The universal integrated circuit card (UICC) is the physical smart card (integrated circuit card) used in mobile terminals in 2G (GSM), 3G (UMTS), 4G (LTE), and 5G networks. The UICC ensures the integrity and security of all kinds of personal data, and it typically holds a few hundred kilobytes.

The official definition for UICC is found in ETSI TR 102 216, where it is defined as a "smart card that conforms to the specifications written and maintained by the ETSI Smart Card Platform project". In addition, the definition has a note that states that "UICC is neither an abbreviation nor an acronym".

NIST SP 800-101 Rev. 1 and NIST Computer Security Resource Center Glossary state that, "A UICC may be referred to as a SIM, USIM, RUIM or CSIM, and is used interchangeably with those terms", though this is an over-simplification. The primary component of a UICC is a SIM card.

== Design ==
A UICC consists of a CPU, ROM, RAM, EEPROM and I/O circuits. Early versions consisted of the whole full-size (85 × 54 mm, ISO/IEC 7810 ID-1) smart card. Soon the race for smaller telephones called for a smaller version of the card. The card was cropped down to 25 × 15 mm (ISO/IEC 7810 ID-000), as illustrated.

== 2G versus 3G ==

In 2G networks, the SIM card and SIM application were bound together, so that "SIM card" could mean the physical card, or any physical card with the SIM application.
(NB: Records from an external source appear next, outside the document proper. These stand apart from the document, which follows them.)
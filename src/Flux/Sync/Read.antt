-- ===== src/Flux/Sync/Read.antt =====
-- A whole read: what the buffer holds of the cells that come from the drive.
use flashfloppy_testbed.Prelude.{ℕ, ◌*◌, ◌<◌}
use flashfloppy_testbed.Prelude.{List, [], ◌∷◌, ◌==◌, if◌then◌else◌, Option, none, some}
use flashfloppy_testbed.Mem.{u32}
use flashfloppy_testbed.Flux.{Reader}
use flashfloppy_testbed.Flux.Read.{push_bits}
use flashfloppy_testbed.Flux.Sync.{Sync, Window, ReadDone, from_mark}
use flashfloppy_testbed.Flux.Sync.Chunks.{if_full, marked_reader}

-- The words of a read that is done.
abbrev pub words_read : Option ReadDone → Option (ℕ → ℕ)
words_read none = none
words_read (some r) = some r.bc_buf

abbrev pub words_of : Option Reader → Option (ℕ → ℕ)
words_of none = none
words_of (some r) = some r.bc_buf

-- What a run of cells leaves in a buffer from its mark on, `none` where they do not fill it.
abbrev pub words_behind : ℕ → (ℕ → ℕ) → Option (ℕ × ℕ × List ℕ) → Option (ℕ → ℕ)
words_behind bc_max buf none = none
words_behind bc_max buf (some (d, n, bits)) =
    words_of (if_full (push_bits bc_max (marked_reader d buf n) bits))

module _ (nr_words cell : ℕ) (buf : ℕ → ℕ) (cnt start now : ℕ) (pos : 0 < cell) where
  abbrev bc_max : ℕ
  bc_max = u32 (nr_words * 16)

  -- The rest of a read when the loop has stopped with a window, samples and a mark.
  abbrev go_on : Window × List ℕ × ℕ → Option ReadDone
  go_on (w, left, found) =
      if found == 0 then none else from_mark bc_max cell buf start now (w, found, left ∷ [])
In a GSM network, the UICC contains a SIM application and in a UMTS network, it contains a USIM application. A UICC may contain several applications, making it possible for the same smart card to give access to both GSM and UMTS networks, and also provide storage of a phone book and other applications. It is also possible to access a GSM network using a USIM application and it is possible to access UMTS networks using a SIM application with mobile terminals prepared for this. With the UMTS release 5 a new application, the IP multimedia Services Identity Module (ISIM) is required for services in the IMS. The telephone book is a separate application and not part of either subscriber identity module.

In a cdmaOne/CDMA2000 ("CDMA") network, the UICC contains a CSIM application, in addition to 3GPP USIM and SIM applications. A card with all 3 features is called a removable user identity card, or R-UIM. Thus, the R-UIM card can be inserted into CDMA, GSM, or UMTS handsets, and will work in all three cases.
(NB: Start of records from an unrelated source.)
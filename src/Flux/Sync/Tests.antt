-- ===== src/Flux/Sync/Tests.antt =====
-- The theorems on whole reads at a concrete input: two sync words twice, cells of 144 ticks.
use flashfloppy_testbed.Prelude.{ℕ, ◌-◌, ◌^◌, ◌≡◌, refl, List, [], ◌∷◌, some}
use flashfloppy_testbed.Flux.Read.{gap_bits}
use flashfloppy_testbed.Flux.Sync.{Sync, sync_none, sync_mfm}
use flashfloppy_testbed.Flux.Sync.Mark.{find_mark}

abbrev chunks : List (List ℕ)
chunks =
    (288 ∷ 864 ∷ 1296 ∷ 1872 ∷ [])
    ∷ (2304 ∷ 2592 ∷ 3168 ∷ 3600 ∷ 4176 ∷ 4608 ∷ 4896 ∷ 5472 ∷ 5904 ∷ 6480 ∷ 6912 ∷ 7200 ∷ 7776
        ∷ 8208 ∷ 8784 ∷ 9216 ∷ [])
    ∷ []

abbrev zeros : List ℕ
zeros = 1 ∷ 3 ∷ 2 ∷ 3 ∷ 2 ∷ 1 ∷ 3 ∷ 2 ∷ 3 ∷ 2 ∷ 1 ∷ 3 ∷ 2 ∷ 3 ∷ 2 ∷ 1 ∷ 3 ∷ 2 ∷ 3 ∷ 2 ∷ []

abbrev buf : ℕ → ℕ
buf i = 0

-- the mark is at the first cells
mark_found :
    find_mark sync_mfm (2 ^ 32 - 1) (gap_bits zeros)
    ≡ some (0x44894489, 32, gap_bits (1 ∷ 3 ∷ 2 ∷ 3 ∷ 2 ∷ 1 ∷ 3 ∷ 2 ∷ 3 ∷ 2 ∷ []))
unfolding flashfloppy_testbed.Flux.Sync.sync_found
mark_found = refl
In 3G networks, it is a mistake to speak of a USIM, CSIM, or SIM card, as all three are applications running on a UICC card.

== Usage ==

Since the card slot is standardized, a subscriber can easily move their wireless account and phone number from one handset to another. This will also transfer their phone book and text messages. Similarly, usually a subscriber can change carriers by inserting a new carrier's UICC card into their existing handset. However, it is not always possible because some carriers (e.g., in U.S.) SIM-lock the phones that they sell, preventing rival carriers' cards from being used.

The use and content of the card can be protected by use of PIN codes. One code, PIN1, can be defined to control normal use of the phone. Another code, PIN2, can be set, to allow the use of special functions (like limiting outbound telephone calls to a list of numbers). PUK1 and PUK2 is used to reset PIN1 and PIN2 respectively.

The integration of the ETSI framework and the Application management framework of GlobalPlatform is standardized in the UICC configuration.